Spesso questi virus agiscono in modo del tutto “discreto” e, se il PC non è adeguatamente protetto da un sistema antivirus aggiornato, possono agire indisturbati per giorni.
- Ransomware
Salendo di livello, alcuni virus non si limitano a rubare i dati, ma prendono letteralmente “in ostaggio” il computer infettato, cifrando i dischi e impedendo l’accesso ai dati.
In questi casi i malintenzionati chiedono un riscatto (ransom, appunto) per fornire alla vittima una chiave di decodifica dei dati.

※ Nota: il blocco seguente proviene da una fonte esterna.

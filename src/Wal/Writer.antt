-- ===== src/Wal/Writer.antt =====
-- internal/storage/wal/wal.go: appending, batches, rotation, closing and replay. The file is what a
-- JSON decoder reads from it: events, and torn records, at which it fails. What the operating system
-- does is an argument of each operation.
pub mod Durability
pub mod Answers
pub mod Drain
pub mod Closing
mod Tests
use raft_recovery.Prelude.{
  ◌*◌, ltb, ◌&&◌, ◌||◌, ℕ, ◌+◌, ◌≡◌, Bool, true, false, Option, none, some, List, [], ◌∷◌, ◌++◌,
  String, length, leb, map, not, if◌then◌else◌,
}
use raft_recovery.Wal.Event.{Event, EventType, new_event, verify_checksum}

pub data WalLine : Type 0 where
  written : Event → WalLine
  torn : WalLine

pub data WalError : Type 0 where
  encode_failed sync_failed wal_closed close_failed rename_failed open_failed : WalError

-- An append that waits for its batch: the event, and the caller who gets the answer.
pub record BatchRequest : Type 0 where
  pub event : Event
  pub caller : ℕ

-- The file as a reader finds it, and as the last sync has put it on the disk; the channel, and the
-- batch that the background writer has taken from it so far.
pub record Wal : Type 0 where
  pub seq : ℕ
  pub file : List WalLine
  pub synced : List WalLine
  pub backups : List (List WalLine)
  pub batch_chan : List BatchRequest
  pub batch : List BatchRequest
  pub buffer_size : ℕ
  pub is_closed : Bool

-- `NewWAL` on a file: `GetLastEvent` returns no event and no error, so numbering starts at 0. A buffer
-- size of 0 becomes 100. What was synced before is not known.
unfoldable pub new_wal : List WalLine → ℕ → Wal
new_wal file buffer_size = record {
  seq = 0;
  file = file;
  synced = [];
  backups = [];
  batch_chan = [];
  batch = [];
  buffer_size = if leb buffer_size 0 then 100 else buffer_size;
  is_closed = false;
}

-- The first part of `Append`, under the mutex.
unfoldable pub take_seq : Wal → Wal × ℕ
take_seq w = (record w { seq = w.seq + 1 }, w.seq + 1)

pub data Sent : Type 0 where
  accepted blocked : Sent
  turned_away : WalError → Sent

-- The second part, a select: the channel takes the request if it has room, and `closed` is ready once
-- the log is closed. If both are, `take_closed` says which is taken; if none is, the caller waits.
unfoldable pub send : Wal → Bool → BatchRequest → Wal × Sent
send w take_closed request =
    let room = ltb (length w.batch_chan) (w.buffer_size * 2) in
    if w.is_closed && (take_closed || not room)
    then (w, turned_away wal_closed)
    else if room
    then (record w { batch_chan = w.batch_chan ++ request ∷ [] }, accepted)
    else (w, blocked)

-- How the write of one record ends: a failed one may leave a torn record.
pub data Write : Type 0 where
  succeeds leaves_torn leaves_nothing : Write

-- The encoding loop of `flushBatch`: it stops at the first error. The writes are as the operating
-- system has them, one for each event, and succeed where the list is too short.
unfoldable pub encode_all : List Write → List Event → List WalLine × Bool
encode_all writes [] = ([], true)
encode_all [] (e ∷ es) = let rest = encode_all [] es in (written e ∷ rest.0, rest.1)
encode_all (leaves_torn ∷ writes) (e ∷ es) = (torn ∷ [], false)
encode_all (leaves_nothing ∷ writes) (e ∷ es) = ([], false)
encode_all (succeeds ∷ writes) (e ∷ es) =
    let rest = encode_all writes es in (written e ∷ rest.0, rest.1)

-- An answer to a caller: no error, or the error of its batch.
pub record Answer : Type 0 where
  pub caller : ℕ
  pub error : Option WalError

abbrev pub events_of : List BatchRequest → List Event
events_of = map λ r. r.event

unfoldable pub answer_all : Option WalError → List BatchRequest → List Answer
answer_all error [] = []
answer_all error (r ∷ rs) = record { caller = r.caller; error = error } ∷ answer_all error rs

-- One sync for the whole batch; its outcome is the answer to every request.
unfoldable pub flush_batch : Wal → List Write → Bool → List BatchRequest → Wal × List Answer
unfolding answer_all
flush_batch w writes sync_ok batch =
    let (lines, encoded) = encode_all writes (events_of batch) in
    let file = w.file ++ lines in
    (
      record w { file = file; synced = if encoded && sync_ok then file else w.synced },
      answer_all
          (if encoded then (if sync_ok then none else some sync_failed) else some encode_failed)
          batch,
    )

-- A round of `batchWriter` that receives a request.
unfoldable pub receive : Wal → List Write → Bool → Wal × List Answer
unfolding flush_batch
receive w writes sync_ok = elim w.batch_chan [
  | [] ↦ (w, [])
  | request ∷ requests ↦
      let batch = w.batch ++ request ∷ [] in
      let w' : Wal = record w { batch_chan = requests; batch = batch } in
      if leb w.buffer_size (length batch)
      then flush_batch (record w' { batch = [] }) writes sync_ok batch
      else (w', [])
]

-- A round of `batchWriter` at a tick, and its last one when the log closes: what the writer holds is
-- flushed, what is still in the channel is not.
unfoldable pub flush_pending : Wal → List Write → Bool → Wal × List Answer
unfolding flush_batch
flush_pending w writes sync_ok = elim w.batch [
  | [] ↦ (w, [])
  | request ∷ requests ↦ flush_batch (record w { batch = [] }) writes sync_ok (request ∷ requests)
]

-- What a caller of `Rotate` or `Close` meets in the file system.
pub record FileCalls : Type 0 where
  pub writes : List Write
  pub sync_ok : Bool
  pub close_ok : Bool
  pub rename_ok : Bool
  pub open_ok : Bool

-- `Rotate` stops the writer, which flushes what it holds; a failure leaves the log closed.
unfoldable pub rotate : Wal → FileCalls → Wal × List Answer × Option WalError
rotate w os =
    let (flushed, answers) = flush_pending w os.writes os.sync_ok in
    let closed : Wal = record flushed { is_closed = true } in
    let moved : Wal = record closed {
      backups = closed.file ∷ closed.backups;
      file = [];
      synced = [];
    } in
    if w.is_closed
    then (w, [], some wal_closed)
    else if not os.close_ok
    then (closed, answers, some close_failed)
    else if not os.rename_ok
    then (closed, answers, some rename_failed)
    else if not os.open_ok
    then (moved, answers, some open_failed)
    else (record moved { seq = 0; is_closed = false }, answers, none)

-- `Close`; closing twice is no error.
unfoldable pub close : Wal → FileCalls → Wal × List Answer × Option WalError
close w os =
    let (flushed, answers) = flush_pending w os.writes os.sync_ok in
    if w.is_closed then (w, [], none) else (
      record flushed { is_closed = true },
      answers,
      if os.close_ok then none else some close_failed,
    )

unfoldable pub get_last_seq : Wal → ℕ
get_last_seq w = w.seq

pub data ReplayError {ℓ} (E : Type ℓ) : Type ℓ where
  decode_failed checksum_mismatch : ReplayError E
  handler_failed : E → ReplayError E

-- `Replay` over the records of the file, with the handler's state: it stops at the first record that
-- cannot be decoded, fails its checksum, or is refused by the handler.
module _ {ℓ κ} {S : Type ℓ} {E : Type κ} (crc32 : List ℕ → ℕ)
    (handler : S → Event → S × Option E) where
  unfoldable pub replay : S → List WalLine → S × Option (ReplayError E)
  replay s [] = (s, none)
  replay s (torn ∷ lines) = (s, some decode_failed)
  replay s (written e ∷ lines) =
      let (s', refused) = handler s e in
      let rest = replay s' lines in
      if verify_checksum crc32 e
      then (elim refused [ none ↦ rest | some error ↦ (s', some (handler_failed error)) ])
      else (s, some checksum_mismatch)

In genere il suggerimento è quello di non pagare ma, per recuperare i propri dati, può essere necessario ricorrere a un backup sicuro.
- DoS e DDoS
Particolarmente insidiose, queste tipologie di attacco non sono in genere rivolte a singoli utenti, ma colpiscono le grandi reti di computer all’interno di aziende e istituzioni.
Lo scopo è quello di rendere inutilizzabili i servizi web, attraverso un vero e proprio bombardamento di dati inviati verso i loro server, come un immenso ingorgo virtuale che paralizza il traffico.
Una volta attaccati, i siti e i server di queste istituzioni vengono letteralmente messi fuori gioco fin quando l’attacco non cessa.
Gli attacchi più insidiosi sono quelli messi a segno da eserciti di computer infetti da virus, sotto il controllo degli hacker.
In questo caso si parla di “botnet”, ossia di reti di computer in grado di generare traffico dati a un ritmo insostenibile per i server vittima di attacco.